Anheuser-Busch built Sesame Place, so the relationship predates Busch Entertainment's 1989 acquisition of SeaWorld by a decade.
 

SuperStretccch

Well-Known Member
#9
This will be a nice addition for the young'uns. I preferred the Shamu theme, but it seems like they're now trying to phase out the Shamu name anywhere they can, what with the show closing next year.
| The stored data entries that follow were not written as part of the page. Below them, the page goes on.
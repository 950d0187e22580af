-- ===== src/Lifecycle/Steps.antt =====
-- src/services/lifecycle_steps.rs, for any property of runs that `Observes` the calls of a step.
use matrix_identity_admin.Prelude.{List, [], ◌∷◌, Option, none, some, Bool, true, ◌≡◌, refl}
use matrix_identity_admin.Text.{Text}
use matrix_identity_admin.Models.Error.{Result, ok, err, is_ok}
use matrix_identity_admin.Models.Workflow.{WorkflowOutcome, warn_on}
use matrix_identity_admin.Models.Accounts.{MasUser, MasSession, SessionListResult}
use matrix_identity_admin.Effects.Event.{Op, Kind}
use matrix_identity_admin.Effects.Rules.{Trace, Holds, Holds-pure, Holds-bind, Holds-or_return}
use matrix_identity_admin.Effects.Clients.{KeycloakIdentityProvider, AuthService, is_complete}
use matrix_identity_admin.AuditService.{AuditService, Actor}
use matrix_identity_admin.Lifecycle.{
  Subject, audit_failed, not_revoked, revoke_each, revoke_listed, revoke_found,
  revoke_auth_sessions, force_identity_logout, disable_identity_account, enable_identity_account,
  deactivate_auth_account, reactivate_auth_account,
}
use matrix_identity_admin.Lifecycle.Observes.{Observes}

module _ {W : Type 0} (T : Trace W) (audit : AuditService W) (who : Actor) (user : Subject)
    (allowed : Kind → Bool) (o : Observes T audit who user allowed)
    (reads : allowed Kind.reading ≡ true) where
  module _ (mas : AuthService W) (finishes : allowed Kind.session ≡ true) where
    pub revoke_each-Holds :
        (action : Text) (outcome : WorkflowOutcome) (sessions : List MasSession)
        → Holds T (revoke_each audit who mas user action outcome sessions)
    unfolding revoke_each
    revoke_each-Holds action outcome [] = Holds-pure T outcome
    revoke_each-Holds action outcome (s ∷ rest) =
        o.logged Unit _ (Op.finish_session s.id s.session_type) _ _ _ _ refl finishes λ r l.
          revoke_each-Holds action (warn_on r (not_revoked s) (warn_on l audit_failed outcome)) rest

    revoke_listed-Holds :
        (context : Text) (r : Result SessionListResult)
        → Holds T (revoke_listed audit who mas context user r)
    unfolding revoke_listed
    revoke_listed-Holds context (err e) = Holds-pure T _
    revoke_listed-Holds context (ok l) = revoke_each-Holds _ _ _

    revoke_found-Holds :
        (context : Text) (r : Result (Option MasUser))
        → Holds T (revoke_found audit who mas context user r)
    unfolding revoke_found
    revoke_found-Holds context (err e) = Holds-pure T _
    revoke_found-Holds context (ok none) = Holds-pure T _
    revoke_found-Holds context (ok (some u)) =
        Holds-bind T _ _ (o.plain _ (Op.list_sessions u.id) is_complete _ refl reads)
          (revoke_listed-Holds context)

    pub revoke_auth_sessions-Holds :
        (context : Text) → Holds T (revoke_auth_sessions audit who mas context user)
    unfolding revoke_auth_sessions
    revoke_auth_sessions-Holds context =
        Holds-bind T _ _ (o.plain _ (Op.get_user_by_username user.username) is_ok _ refl reads)
          (revoke_found-Holds context)

  pub force_identity_logout-Holds :
      (kc : KeycloakIdentityProvider W) (context : Text)
      → allowed Kind.logout ≡ true
      → Holds T (force_identity_logout audit who kc context user)
  unfolding force_identity_logout
  force_identity_logout-Holds kc context h =
      o.logged _ _ (Op.logout_user user.keycloak_id) _ _ _ _ refl h λ r l. Holds-pure T _

  pub disable_identity_account-Holds :
      (kc : KeycloakIdentityProvider W) (context : Text)
      → allowed Kind.disabling ≡ true
      → Holds T (disable_identity_account audit who kc context user)
  unfolding disable_identity_account
  disable_identity_account-Holds kc context h =
      o.logged _ _ (Op.disable_user user.keycloak_id) _ _ _ _ refl h
        λ r l. Holds-or_return T _ l λ _. Holds-pure T r

  pub enable_identity_account-Holds :
      (kc : KeycloakIdentityProvider W) (context : Text)
      → allowed Kind.enabling ≡ true
      → Holds T (enable_identity_account audit who kc context user)
  unfolding enable_identity_account
  enable_identity_account-Holds kc context h =
      o.logged _ _ (Op.enable_user user.keycloak_id) _ _ _ _ refl h
        λ r l. Holds-or_return T _ l λ _. Holds-pure T r

  pub deactivate_auth_account-Holds :
      (mas : AuthService W) (context auth_user_id : Text)
      → allowed Kind.deactivation ≡ true
      → Holds T (deactivate_auth_account audit who mas context user auth_user_id)
  unfolding deactivate_auth_account
  deactivate_auth_account-Holds mas context auth_user_id h =
      o.logged _ _ (Op.deactivate_user auth_user_id) _ _ _ _ refl h
        λ r l. Holds-or_return T _ l λ _. Holds-pure T r

  pub reactivate_auth_account-Holds :
      (mas : AuthService W) (context auth_user_id : Text)
      → allowed Kind.reactivation ≡ true
      → Holds T (reactivate_auth_account audit who mas context user auth_user_id)
  unfolding reactivate_auth_account
  reactivate_auth_account-Holds mas context auth_user_id h =
      o.logged _ _ (Op.reactivate_user auth_user_id) _ _ _ _ refl h λ r l. Holds-pure T _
I noticed yesterday that they moved the Seven Seas Railway train ride next to Wild Arctic. It must be temporary while they construct Sesame Street, because I can't imagine it staying over there permanently.
 

egg

Well-Known Member
#10
Damn this makes Galaxy's Edge look like a godly fit for DHS. What the hell does Sesame Street have to do with sea life and will there be any attempt to make that work? I think not. I think this one will leave the most regular guests scratching their heads.
 

joanna71985

Well-Known Member
#13
Damn this makes Galaxy's Edge look like a godly fit for DHS. What the hell does Sesame Street have to do with sea life and will there be any attempt to make that work? I think not. I think this one will leave the most regular guests scratching their heads.
Sesame Street has been part of the SeaWorld company for awhile. There have been multiple shows at SWO throughout the year (as well as the characters out for photos), and there is a section at BG with them too. I think the new section will do just fine
 

WildernessLodge

Well-Known Member
#14
Sesame Street has been part of the SeaWorld company for awhile. There have been multiple shows at SWO throughout the year (as well as the characters out for photos), and there is a section at BG with them too. I think the new section will do just fine
Yeah who cares unless you have kids? And if you have kids, I'm sure it'll be cute and the kids will like it.
 

lazyboy97o

Well-Known Member
#16
Sesame Street has been with HBO since 2015. I highly doubt it’s still considered a “not-profit”
Sesame Street is still owned and produced by Sesame Workshop, which is still a 501(c)(3) non-profit. Non-profit does not mean non-revenue. Sesame Workshop posts financial statements on their website.